Parchim | Ilse W. hat es wieder mal eilig. Umso willkommener ist der Weststädterin die freie Parklücke auf dem Alten Markt. Sie zieht im Parkscheinautomat ein Ticket und kann ohne einen Cent zu bezahlen nun 30 Minuten ihr Fahrzeug kostenlos abstellen und Besorgungen erledigen. "Das ist eine prima Sache. Die ,Brötchentaste nutze ich häufig. Gebe es sie nicht, würde ich sicher seltener in die Innenstadt fahren", meint die Frau.

"Parchim gehört inzwischen zu den wenigen Städten im Land, die eine ,Brötchentaste zum kostenfreien Parken in der ersten halbe Stunde anbietet. Und wir wollen daran festhalten", sagt Robert Janke vom städtischen Ordnungsamt. Schließlich käme es den Kraftfahrern entgegen, die in der Stadt einkaufen. Die Stadtvertreter haben sich vor Jahren dazu entschlossen, um die Belebung der Altstadt zu befördern.
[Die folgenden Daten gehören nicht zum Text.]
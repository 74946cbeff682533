-- ===== src/Alua.antt =====
-- `class ALUATargetPortGroup` of rtslib/alua.py: the ALUA target port groups of a storage object.
pub mod Groups
pub mod Members
pub mod Printed
mod Tests
use rtslib_fb.Prelude.{
  ℕ, zero, suc, ◌+◌, Bool, true, false, not, ◌&&◌, ◌||◌, Option, none, some, List, [], ◌∷◌, ◌++◌,
  Text, codes, text_eq, String, ltb, ◌==◌, ℤ, pos, negsuc, py_int, Json, to_int, int_text, Exn,
  Result, ok, err, rtslib_error, alua_not_supported, os_error, value_error, type_error, is_os,
  if◌then◌else◌,
}
use rtslib_fb.Cfs.{
  FsPath, Kernel, M, pure, raise, lift, ◌>>=◌, ◌>>◌, raise_if, when, try_except, any_exn, for_each,
  map_m, fread, fwrite,
}
use rtslib_fb.Node
use rtslib_fb.Node.{NodeDump, create_in_cfs_ine, check_self}

-- `alua_rw_params`, in its order: the properties with a setter.
pub data Param : Type 0 where
  alua_access_state alua_access_status alua_write_metadata alua_access_type preferred : Param
  nonop_delay_msecs trans_delay_msecs implicit_trans_secs : Param
  alua_support_offline alua_support_standby alua_support_transitioning : Param
  alua_support_active_nonoptimized alua_support_unavailable alua_support_active_optimized : Param

abbrev pub alua_rw_params : List Param
alua_rw_params =
    alua_access_state ∷ alua_access_status ∷ alua_write_metadata ∷ alua_access_type ∷ preferred
    ∷ nonop_delay_msecs ∷ trans_delay_msecs ∷ implicit_trans_secs ∷ alua_support_offline
    ∷ alua_support_standby ∷ alua_support_transitioning ∷ alua_support_active_nonoptimized
    ∷ alua_support_unavailable ∷ alua_support_active_optimized ∷ []

-- The attribute's file, which has the property's name.
abbrev pub file_name : Param → Text
file_name alua_access_state = codes "alua_access_state"
file_name alua_access_status = codes "alua_access_status"
file_name alua_write_metadata = codes "alua_write_metadata"
file_name alua_access_type = codes "alua_access_type"
file_name preferred = codes "preferred"
file_name nonop_delay_msecs = codes "nonop_delay_msecs"
file_name trans_delay_msecs = codes "trans_delay_msecs"
file_name implicit_trans_secs = codes "implicit_trans_secs"
file_name alua_support_offline = codes "alua_support_offline"
file_name alua_support_standby = codes "alua_support_standby"
file_name alua_support_transitioning = codes "alua_support_transitioning"
file_name alua_support_active_nonoptimized = codes "alua_support_active_nonoptimized"
file_name alua_support_unavailable = codes "alua_support_unavailable"
file_name alua_support_active_optimized = codes "alua_support_active_optimized"

abbrev pub alua_types : List Text
alua_types = codes "None" ∷ codes "Implicit" ∷ codes "Explicit" ∷ codes "Implicit and Explicit" ∷ []

abbrev pub alua_statuses : List Text
alua_statuses =
    codes "None" ∷ codes "Altered by Explicit STPG" ∷ codes "Altered by Implicit ALUA" ∷ []

-- `list.index(value)`
unfoldable pub index_from : ℕ → Text → List Text → Result ℤ
index_from i s [] = err value_error
index_from i s (t ∷ ts) =
    let rest = index_from (suc i) s ts in if text_eq s t then ok (pos i) else rest

unfoldable pub int_value : Text → Result ℤ
unfolding py_int
int_value s = elim (py_int s) [ none ↦ err value_error | some n ↦ ok n ]

-- What a getter makes of the file's text: the type and the status are words, all else is a number.
unfoldable pub decode : Param → Text → Result ℤ
unfolding index_from int_value
decode alua_access_status s = index_from 0 s alua_statuses
decode alua_access_type s = index_from 0 s alua_types
decode q s = int_value s

abbrev pub default_group : Text
default_group = codes "default_tg_pt_gp"

abbrev pub below_one : ℤ → Bool
below_one (pos n) = n == 0
below_one (negsuc n) = true

abbrev pub above : ℕ → ℤ → Bool
above m (pos n) = ltb m n
above m (negsuc n) = false

-- An entry of a saved group, other than its name and its id: a property with a setter, a property
-- without one, or any other name, which Python sets on the object alone.
pub data Setting : Type 0 where
  rw : Param → Setting
  ro other : Setting

pub record SavedGroup : Type 0 where
  pub name : Text
  pub tg_pt_gp_id : ℤ
  pub items : List (Setting × Json)

pub record GroupDump : Type 0 where
  pub node : NodeDump
  pub name : Text
  pub tg_pt_gp_id : ℤ
  pub params : List (Param × ℤ)

module _ ⦃k : Kernel⦄ where
  -- The fourteen getters of `alua_rw_params`.
  unfoldable pub get_param : FsPath → Param → M ℤ
  unfolding decode
  get_param p q = do check_self p; s ← fread (file_name q ∷ p); lift (decode q s)

  -- The fourteen setters.
  unfoldable pub set_param : FsPath → Param → Json → M (Unit {0})
  unfolding to_int
  set_param p q value = do
    check_self p
    try_except (do n ← lift (to_int value); fwrite (file_name q ∷ p) (int_text n)) is_os
        (λ e. raise (rtslib_error "Cannot set ALUA attribute"))

  unfoldable pub get_tg_pt_gp_id : FsPath → M ℤ
  unfolding int_value
  get_tg_pt_gp_id p = do check_self p; s ← fread (codes "tg_pt_gp_id" ∷ p); lift (int_value s)

  -- `delete` of a group with this name.
  unfoldable pub delete : FsPath → Text → M (Unit {0})
  delete p name = do
    check_self p
    raise_if (text_eq name default_group) (rtslib_error "Can not delete default_tg_pt_gp")
    Node.delete p

  -- `__init__` with a tag, behind the test of the support.
  init_new : FsPath → Text → ℤ → Bool → M FsPath
  unfolding delete
  init_new so_path name tag yes_alua = do
    raise_if (not yes_alua) alua_not_supported
    raise_if (above 65535 tag || below_one tag)
        (rtslib_error "The TPG Tag must be between 1 and 65535")
    let p = name ∷ codes "alua" ∷ so_path
    try_except (create_in_cfs_ine p Node.create) is_os (λ e. raise (rtslib_error "OSError"))
    try_except (fwrite (codes "tg_pt_gp_id" ∷ p) (int_text tag)) is_os
        (λ e. do delete p name; raise (rtslib_error "Cannot set id"))
    pure p

  -- `__init__`: the object is its path and its name. `supported` is the storage object's
  -- `alua_supported`, and `so_path` its path.
  unfoldable pub init : M Bool → FsPath → Text → Option ℤ → M FsPath
  unfolding init_new
  init supported so_path name none = do
    yes_alua ← supported
    raise_if (not yes_alua) alua_not_supported
    let p = name ∷ codes "alua" ∷ so_path
    try_except (create_in_cfs_ine p Node.lookup) is_os (λ e. raise (rtslib_error "OSError"))
    pure p
  init supported so_path name (some tag) = do
    yes_alua ← supported
    init_new so_path name tag yes_alua

  unfoldable pub set_setting : FsPath → Setting × Json → M (Unit {0})
  unfolding set_param
  set_setting p (rw q, value) = set_param p q value
  set_setting p (ro, value) = raise Exn.attribute_error
  set_setting p (other, value) = pure tt

  -- `setup`
  unfoldable pub setup : M Bool → FsPath → SavedGroup → M (Unit {0})
  unfolding init set_setting
  setup supported so_path g = if text_eq g.name default_group then pure tt else do
    p ← init supported so_path g.name (some g.tg_pt_gp_id)
    for_each g.items (λ item.
        try_except (set_setting p item) any_exn
          (λ e. raise (rtslib_error "Could not set attribute for alua tpg")))

  -- `dump`
  unfoldable pub dump : FsPath → Text → M GroupDump
  unfolding get_tg_pt_gp_id get_param
  dump p name = do
    node ← Node.dump p
    id ← get_tg_pt_gp_id p
    params ← map_m alua_rw_params (λ q. do n ← get_param p q; pure (q, n))
    pure (record { node = node; name = name; tg_pt_gp_id = id; params = params })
Auch an Parkscheinautomaten nagt der Zahn der Zeit

Und doch wird sich beim gebührenpflichtigen Parken in der Kreisstadt schon bald etwas ändern. "Die fünf vorhandenen Parkscheinautomaten werden am gleichen Standort durch neue Geräte ersetzt. Abhängig von der Witterung werden sie aufgestellt. Bei Frost können die Fundamente nicht gegossen werden ", sagt Janke. Die bisherigen Automaten wurden Anfang der 90er Jahre installiert. "Sie haben inzwischen rund 20 Jahre auf dem Buckel und sind verschlissen. Der Reparaturaufwand steigt stetig und die Zuverlässigkeit lässt zu wünschen übrig", weiß der Experte. Bis zu 1500 Euro waren pro Gerät im Jahr erforderlich, um die Technik am Laufen zu halten. Die Stadt hat sich deshalb zu einer Ersatzinvestition entschlossen. Bei einer entsprechenden Ausschreibung konnte sich Technik der Firma Siemens durchsetzen. Die fünf Geräte kosten 17 000 Euro. Die leuchtend blauen säulenartigen Automaten unterscheiden sich von der jetzigen Technik gravierend. "Sie sind in der Dunkelheit beleuchtet, auf Grund der Größe benutzerfreundlicher und auch sicherer", sagt der Experte vom Ordnungsamt. Robert Janke hat die Technik bereits in Augenschein genommen und wird sie später auch betreuen. Die zunächst hohe Investition dürfte sich schnell rechnen, denn im Jahr werden mit den fünf Parkscheinautomaten rund 40 000 Euro in die Stadtkasse gespült. Dabei ist die Kreisstadt ein vergleichsweise parkfreundlicher Ort. "Die Gebühren steigen nicht. In der Altstadt werden für zwei Stunden Parken nur 0,75 Cent", so Janke.

Viele kostenfreie Parkplätze in Nähe des Stadtzentrums

In der Kreisstadt werden neben den 200 kostenpflichtigen Stellplätzen auch 170 gebührenfreie Parkplätze wie am Burg- und am Fischerdamm angeboten. Und Parchimer können Bewohnerparkkarten zum Jahrespreis erwerben. Bei Großveranstaltungen wie dem Martinimarkt oder beim Stadtfest können vor allem die auswärtigen Gäste gebührenpflichtige Stellplätze vorübergehend kostenfrei nutzen.

Obwohl die Voraussetzungen für das stressfrei Parken in Parchim seit Jahren gegeben sind, ignorieren sowohl einheimische und fremde Kraftfahrer die Regeln häufig. "Im zurückliegenden Jahr stellten die Politessen zahlreiche Verstöße wegen falschen Parkens fest. In 8200 Verfahren wurden Bußgelder von insgesamt 126 000 Euro festgesetzt", so ein Sprecher der Stadt.

Wer seine Strafe nicht zahlt, muss mit Konsequenzen rechnen. "Im Notfall setzen wir die gefürchtete Kralle ein und legen das Auto des Säumigen an die Kette", so der Mann vom Ordnungsamt. Danach habe bislang noch jeder gezahlt.

Akzeptiert werden dagegen weitgehend die Poller, die das Befahren des Stadtzentrums weitgehend einschränken. An anfänglicher Skepsis überwiegt die Zufriedenheit, dass mehr Ruhe in die Stadt kam.